[[ MATERIAL FOR THIS EXERCISE open ]]
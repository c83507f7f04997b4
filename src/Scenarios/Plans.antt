-- ===== src/Scenarios/Plans.antt =====
-- A plan over one table, and its way through a stage's fragment.
use spark_x_distributed_quer.Base.{
  pos, true, false, String-discrete, none, some, [], ◌∷◌, ◌≡◌, refl,
}
use spark_x_distributed_quer.PlanCodec.Encodable.{
  height, parts_are_encodable, expr_is_encodable, is_ok-encode_plan,
}
use spark_x_distributed_quer.Text.{to_ascii_lowercase, is_blank}
use spark_x_distributed_quer.Error.{is_ok, ok, IsPanic, ◌>>=◌}
use spark_x_distributed_quer.Expr.{DataType, DataType-discrete, ScalarValue, Operator, Expr}
use spark_x_distributed_quer.Expr.Names.{Formats}
use spark_x_distributed_quer.Expr.Schemas.{
  Schema, Schema-discrete, Field-discrete, Metadata-discrete, new_schema, new_field,
}
use spark_x_distributed_quer.Expr.Typing.{data_type}
use spark_x_distributed_quer.Plan.{PhysicalPlan, TableProvider, Catalog, table, plan_schema}
use spark_x_distributed_quer.Protocol.{StagePlan}
use spark_x_distributed_quer.PlanCodec.Wire.{WirePlan, WireExpr, WireSchema, BoxedPlan, BoxedExpr}
use spark_x_distributed_quer.PlanCodec.Encode.{check_depth, encode_plan}
use spark_x_distributed_quer.PlanCodec.Schemas.{validate_scan_schema, decode_required_schema}
use spark_x_distributed_quer.PlanCodec.Exprs.{decode_expr}
use spark_x_distributed_quer.PlanCodec.Decode.{decode_plan}
use spark_x_distributed_quer.PlanCodec.Validate.{
  validate_wire_plan, Protobuf, validate_fragment, encode,
}
use spark_x_distributed_quer.PlanCodec.RoundTrip.Schemas.{IsSchema}
use spark_x_distributed_quer.PlanCodec.RoundTrip.Plans.{IsPlan}
use spark_x_distributed_quer.PlanCodec.Fragments.{
  envelope, ReadsBack, decode-encode, stage_of, from_physical_plan, decode_physical_plan,
  decode-validate_fragment, decode_physical_plan-from_physical_plan,
}
use spark_x_distributed_quer.PlanCodec.Aliases.{nested_alias_panics}

instance abbrev schema_table : TableProvider Schema
schema_table = record { table_schema = λ s. s; partition_count = λ _. 1 }

abbrev plain_formats : Formats
plain_formats = record { display_f64 = λ _. "0"; display_type = λ _. "Type" }

abbrev people : Schema
people =
    new_schema (new_field "age" DataType.int64 true ∷ new_field "name" DataType.utf8 false ∷ [])

abbrev catalog : Catalog Schema
catalog = record { tables = ("people", people) ∷ [] }

abbrev is_adult : Expr
is_adult =
    Expr.binary (Expr.column "age") Operator.gt_eq (Expr.literal (ScalarValue.int64 (pos 18)))

abbrev plan : PhysicalPlan Schema
plan =
    PhysicalPlan.limit 3
      (PhysicalPlan.filter 2 (PhysicalPlan.scan 1 "people" people none [] people) is_adult people)
      10 people

plan-IsPlan : IsPlan plain_formats catalog plan
unfolding is_blank table validate_scan_schema data_type Schema-discrete Field-discrete
    Metadata-discrete String-discrete DataType-discrete to_ascii_lowercase plan_schema
plan-IsPlan = (((refl, refl, refl, tt, named), (refl, tt), refl, refl, named), refl, named)
  where
    named : IsSchema people
    named = ((tt, (tt, tt)), tt)

-- The library writes the plan's message as one byte, and reads it back from any.
abbrev one_message : Protobuf
one_message = record {
  encode_to_vec = λ _. 7 ∷ [];
  decode_message = λ _. encode_plan plan 0 >>= (λ root. ok (envelope root));
}

reads_back : ReadsBack one_message plan
reads_back root e = rw e refl

abbrev stage : StagePlan
stage = stage_of "q" 0 [] 2 (7 ∷ [])

is_encoded : encode one_message plan ≡ ok (7 ∷ [])
unfolding encode
is_encoded = refl

is_made : from_physical_plan one_message "q" 0 [] 2 plan ≡ ok stage
unfolding from_physical_plan
is_made = refl

decode_physical_plan-from_physical_plan_example :
    decode_physical_plan one_message plain_formats stage catalog ≡ ok plan
decode_physical_plan-from_physical_plan_example =
    decode_physical_plan-from_physical_plan one_message plain_formats "q" 0 [] 2 plan catalog stage
      plan-IsPlan reads_back is_made

decode-validate_fragment_example : validate_fragment one_message (7 ∷ []) ≡ ok tt
decode-validate_fragment_example =
    decode-validate_fragment one_message plain_formats (7 ∷ []) catalog (
      decode-encode one_message plain_formats plan catalog (7 ∷ []) plan-IsPlan reads_back
        is_encoded)

abbrev wire_people : WireSchema
wire_people = record {
  fields =
      record { name = "age"; data_type = pos 3; nullable = true; metadata = [] }
      ∷ record { name = "name"; data_type = pos 8; nullable = false; metadata = [] }
      ∷ [];
  metadata = [];
}

abbrev wire_scan : WirePlan
wire_scan = WirePlan.scan (record {
  id = 1;
  table_name = "people";
  has_projection = false;
  projection = [];
  filters = [];
  schema = some wire_people;
})

abbrev twice_named : WireExpr
twice_named =
    WireExpr.alias (BoxedExpr.boxed (WireExpr.alias (BoxedExpr.boxed (WireExpr.column "age")) "a"))
      "b"

abbrev twice_filtered : WirePlan
twice_filtered = WirePlan.filter 2 (BoxedPlan.boxed wire_scan) (some twice_named) (some wire_people)

nested_alias_panics_example :
    (validate_wire_plan twice_filtered 0 ≡ ok tt)
    × IsPanic (decode_plan plain_formats catalog twice_filtered 0)
unfolding check_depth decode_plan decode_expr is_blank decode_required_schema to_ascii_lowercase
    Schema-discrete Field-discrete Metadata-discrete String-discrete DataType-discrete
nested_alias_panics_example =
    nested_alias_panics plain_formats catalog 2 0 (BoxedPlan.boxed wire_scan)
      (WireExpr.column "age") "a" "b" (some wire_people) refl refl refl refl refl refl

is_ok-encode_plan_example : is_ok (encode_plan plan 125) ≡ true
unfolding height parts_are_encodable expr_is_encodable
is_ok-encode_plan_example = is_ok-encode_plan plan 125

-- Its scan stands too deep.
too_deep : is_ok (encode_plan plan 126) ≡ false
unfolding height parts_are_encodable expr_is_encodable
too_deep = is_ok-encode_plan plan 126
[[ MATERIAL FOR THIS EXERCISE closed ]]
* WORK REQUEST: Write only the number of lines in the records that contain the string "unfolding".

* RESPONSE: 6